Japan’s Asahi Group acquired Independent Liquor in 2011 for $1.5 billion from shareholders including buyout firms Pacific Equity Partners, Unitas Capital and Michael Erceg’s widow. It later fought the vendors in court over the terms of the deal and wrote down the value of its assets in 2015. The country’s largest maker of ready-to-drink alcoholic beverages now has a full suite of products in the adult drinks market – wines and beers, both local and international brands such as Penfolds and Asahi Super Dry, ciders, and RTDs such as Vodka Cruiser and Woodstock Bourbon and Cola.

Independent Liquor spent more on sales and marketing in 2017 at $34 million from $29 million in 2016, but it managed to trim manufacturing overheads to $13.8 million from $15.8 million while administration costs fell to $16 million from $18.7 million.
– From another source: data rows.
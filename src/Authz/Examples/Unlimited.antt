-- ===== src/Authz/Examples/Unlimited.antt =====
-- An access set with a clause at the root, and the theorem on it.
use go_core.Prelude.{pos, ◌≡◌, refl, true, [], ◌∷◌}
use go_core.Authz.Engine.{AccessSet, unrestricted}
use go_core.Authz.Examples.{plain, organization}
use go_core.Authz.Examples.Decisions.{listed, clause_at}

abbrev everywhere : AccessSet
everywhere = record listed { clauses = clause_at (pos 3) organization (organization ∷ []) ∷ [] }

nothing_hidden : unrestricted plain everywhere ≡ true
unfolding unrestricted
nothing_hidden = refl
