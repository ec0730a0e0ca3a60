-- ===== src/Authz/Qualifiers.antt =====
-- authz/qualifier.go and role.go: the text of a qualifier, the check of qualifiers that a Store makes
-- before it writes grants, and the small constructors of role.go and principal.go.
use go_core.Prelude.{
  ℤ, pos, negsuc, zero, suc, int_eq, String, string_eq, ◌≡◌, ◌↔◌, refl, sym, ◌∙◌, inl, inr, true,
  not, List, [], ◌∷◌, Memᴰ, mem_cases, if◌then◌else◌, ◌==◌, arith, Bool-cases,
}
use mathlib.Core.Path.{subst}
use go_core.Authz.Errors.{
  Result, ok, fault, Problem, invalid_qualifier, validation, other, bad_request_from,
}
use go_core.Authz.Types.{
  Qualifier, qualifier_own, qualifier_own_location, qualifier_all, qualifier_valid, Grant,
  Principal, user, service,
}

-- Qualifier.String
unfoldable pub to_text : Qualifier → String
to_text q =
    if q == qualifier_own
    then "own"
    else if q == qualifier_own_location
    then "own_location"
    else if q == qualifier_all
    then "all"
    else "invalid"

-- The loop of ParseQualifier.
unfoldable pub find_qualifier : List Qualifier → String → Result Qualifier
unfolding to_text
find_qualifier [] s = fault (other s)
find_qualifier (q ∷ qs) s = if to_text q == s then ok q else find_qualifier qs s

-- ParseQualifier
abbrev pub parse_qualifier : String → Result Qualifier
parse_qualifier s = find_qualifier (qualifier_own ∷ qualifier_own_location ∷ qualifier_all ∷ []) s

-- Qualifier.MarshalText
unfoldable pub marshal_text : Qualifier → Result String
unfolding to_text
marshal_text q = if qualifier_valid q then ok (to_text q) else fault (other "invalid qualifier")

-- Qualifier.UnmarshalText
abbrev pub unmarshal_text : String → Result Qualifier
unmarshal_text text = parse_qualifier text

-- Grants
abbrev pub grants_of : Qualifier → List String → List Grant
grants_of q [] = []
grants_of q (p ∷ permissions) = record { permission = p; qualifier = q } ∷ grants_of q permissions

-- The loop of CheckQualifiers.
unfoldable pub qualifier_problems : List Grant → List Problem
qualifier_problems [] = []
qualifier_problems (g ∷ grants) =
    let rest = qualifier_problems grants in
    if not (qualifier_valid g.qualifier)
    then record { code = invalid_qualifier; permission = g.permission; detail = "" } ∷ rest
    else rest

-- CheckQualifiers
unfoldable pub check_qualifiers : List Grant → Result (Unit {0})
unfolding qualifier_problems
check_qualifiers grants = elim (qualifier_problems grants) [
  | [] ↦ ok tt
  | p ∷ ps ↦ fault (bad_request_from (validation (p ∷ ps)))
]

-- User and ServiceAccount
abbrev pub user_principal : ℤ → ℤ → Principal
user_principal id location = record {
  subject = record { kind = user; id = id };
  location = location;
}

abbrev pub service_principal : ℤ → Principal
service_principal id = record { subject = record { kind = service; id = id }; location = pos 0 }

-- A qualifier that can be written, and read back as it was.
abbrev pub ReadBack : Qualifier → Type 0
ReadBack q = (text : String) × (marshal_text q ≡ ok text) × (unmarshal_text text ≡ ok q)

valid-ReadBack : (q : Qualifier) → qualifier_valid q ≡ true → ReadBack q
unfolding marshal_text find_qualifier to_text
valid-ReadBack (pos zero) valid = absurd (ground arith)
valid-ReadBack (pos (suc zero)) valid = ("own", refl, refl)
valid-ReadBack (pos (suc (suc zero))) valid = ("own_location", refl, refl)
valid-ReadBack (pos (suc (suc (suc zero)))) valid = ("all", refl, refl)
valid-ReadBack (pos (suc (suc (suc (suc n))))) valid = absurd (ground arith)
valid-ReadBack (negsuc n) valid = absurd (ground arith)

ReadBack-valid : (q : Qualifier) → ReadBack q → qualifier_valid q ≡ true
unfolding marshal_text
ReadBack-valid q (text, written, back) = elim (Bool-cases (qualifier_valid q)) [
  | inl valid ↦ valid
  | inr invalid ↦ absurd (ground (arith, invalid, written))
]

-- CheckQualifiers accepts exactly the grants whose qualifiers can all be written and read back.
check_qualifiers-ReadBack :
    (grants : List Grant)
    → (check_qualifiers grants ≡ ok tt) ↔ ((g : Grant) → Memᴰ g grants → ReadBack g.qualifier)
unfolding check_qualifiers qualifier_problems
check_qualifiers-ReadBack [] = (λ h g m. absurd (elim m [ ]), λ h. refl)
check_qualifiers-ReadBack (g ∷ grants) = elim (Bool-cases (qualifier_valid g.qualifier)) [
  | inr invalid ↦ (
    λ h. absurd (ground (arith, invalid, h)),
    λ all. absurd (ground (arith, invalid, ReadBack-valid g.qualifier (all g (Memᴰ.head refl)))),
  )
  | inl valid ↦
      let rest = check_qualifiers-ReadBack grants in
      let same : check_qualifiers (g ∷ grants) ≡ check_qualifiers grants = ground (arith, valid) in
      (
        λ h d m. elim (mem_cases m) [
          | inl e ↦ subst (λ x. ReadBack x.qualifier) (sym e) (valid-ReadBack g.qualifier valid)
          | inr later ↦ rest.0 (sym same ∙ h) d later
        ],
        λ all. same ∙ rest.1 (λ d m. all d (Memᴰ.tail m)),
      )
]
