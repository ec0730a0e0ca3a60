-- ===== src/Authz/Role/Computed.antt =====
-- authz/computed.go: the selectors of computed roles. A role resolves to one grant of each permission
-- that its selector picks.
use go_core.Prelude.{
  ℕ, pos, String, ◌≡◌, ◌↔◌, refl, inl, inr, Bool, true, false, ◌&&◌, not, List, [], ◌∷◌, some, none,
  arith, Memᴰ, mem_cases, keep, map, nat_beq, if◌then◌else◌, Bool-cases,
}
use mathlib.Core.Path.{subst}
use go_core.Authz.Types.{Permission, Grant, Role}
use go_core.Authz.Words.{codes}
use go_core.Authz.Catalogue.{Catalogue, cut, all_permissions}
use go_core.Authz.Role.{grant_all, resolve}

abbrev pub Predicate : Type 0
Predicate = Permission → Bool

-- IsSystem
abbrev pub is_system : Predicate
is_system p = p.system

-- IsSensitive
abbrev pub is_sensitive : Predicate
is_sensitive p = p.sensitive

-- IsOrganizationOnly
abbrev pub is_organization_only : Predicate
is_organization_only p = p.organization_only

-- Permission.Verb, over code points: the whole identifier when there is no colon.
unfoldable pub verb : Permission → List ℕ
verb p = elim (cut b':' (codes p.id)).1 [ none ↦ codes p.id | some after ↦ after ]

abbrev pub same_text : List ℕ → List ℕ → Bool
same_text [] [] = true
same_text [] (d ∷ ds) = false
same_text (c ∷ cs) [] = false
same_text (c ∷ cs) (d ∷ ds) = nat_beq c d && same_text cs ds

-- IsView
unfoldable pub is_view : Predicate
unfolding verb
is_view p = same_text (verb p) (codes "view")

-- All
abbrev pub all : Predicate
all p = true

-- AllExcept
unfoldable pub all_except : List Predicate → Predicate
all_except [] p = true
all_except (e ∷ exclude) p = let rest = all_except exclude p in if e p then false else rest

-- Matching
abbrev pub matching : Predicate → Predicate
matching pred = pred

-- Both
unfoldable pub both : List Predicate → Predicate
both [] p = true
both (s ∷ selectors) p = let rest = both selectors p in if not (s p) then false else rest

-- ComputedRole
abbrev pub computed_role : String → String → Predicate → Role
computed_role key name sel = record {
  id = pos 0;
  key = key;
  name = name;
  grants = [];
  attrs = [];
  computed = some sel;
}

kept-granted :
    (sel : Predicate) (ps : List Permission) (g : Grant)
    → Memᴰ g (map grant_all (keep sel ps))
      ↔ ((p : Permission) × Memᴰ p ps × (sel p ≡ true) × (g ≡ grant_all p))
kept-granted sel [] g = (λ m. absurd (elim m [ ]), λ (p, m, picked, is_g). absurd (elim m [ ]))
kept-granted sel (q ∷ qs) g = elim (Bool-cases (sel q)) [
  | inl picks ↦
      let rest = kept-granted sel qs g in
      rw picks (
        λ m. elim (mem_cases m) [
          | inl e ↦ (q, Memᴰ.head refl, picks, e)
          | inr n ↦ let (p, later, picked, is_g) = rest.0 n in (p, Memᴰ.tail later, picked, is_g)
        ],
        λ (p, m, picked, is_g). elim (mem_cases m) [
          | inl e ↦ Memᴰ.head (subst (λ x. g ≡ grant_all x) e is_g)
          | inr later ↦ Memᴰ.tail (rest.1 (p, later, picked, is_g))
        ],
      )
  | inr leaves ↦
      let rest = kept-granted sel qs g in
      rw leaves (
        λ m. let (p, later, picked, is_g) = rest.0 m in (p, Memᴰ.tail later, picked, is_g),
        λ (p, m, picked, is_g). elim (mem_cases m) [
          | inl e ↦ absurd (ground (arith, subst (λ x. sel x ≡ true) e picked, leaves))
          | inr later ↦ rest.1 (p, later, picked, is_g)
        ],
      )
]

-- A computed role grants exactly the permissions of the catalogue that its selector picks, each without
-- a qualifier that narrows it.
resolve-computed_role :
    (key name : String) (sel : Predicate) (cat : Catalogue) (g : Grant)
    → Memᴰ g (resolve (computed_role key name sel) cat)
      ↔ ((p : Permission) × Memᴰ p (all_permissions cat) × (sel p ≡ true) × (g ≡ grant_all p))
unfolding resolve
resolve-computed_role key name sel cat g = kept-granted sel (all_permissions cat) g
Inventories stood at $40.8 million, up from about $35 million a year earlier.

Asahi also owns Better Drinks Co, the Auckland-based company that has Charlie’s brand juices and fruit drinks, Phoenix soft drinks and iced teas.

Better Drinks had revenue of $31 million in 2017, up from $29 million in 2016. It recorded a loss of $4.1 million, little changed from a year earlier. The company annually assesses the carrying values of its brands, having fully impaired goodwill in previous years. In 2017, the impairment loss recognised against its brands was $3.6 million, versus $3.7 million a year earlier.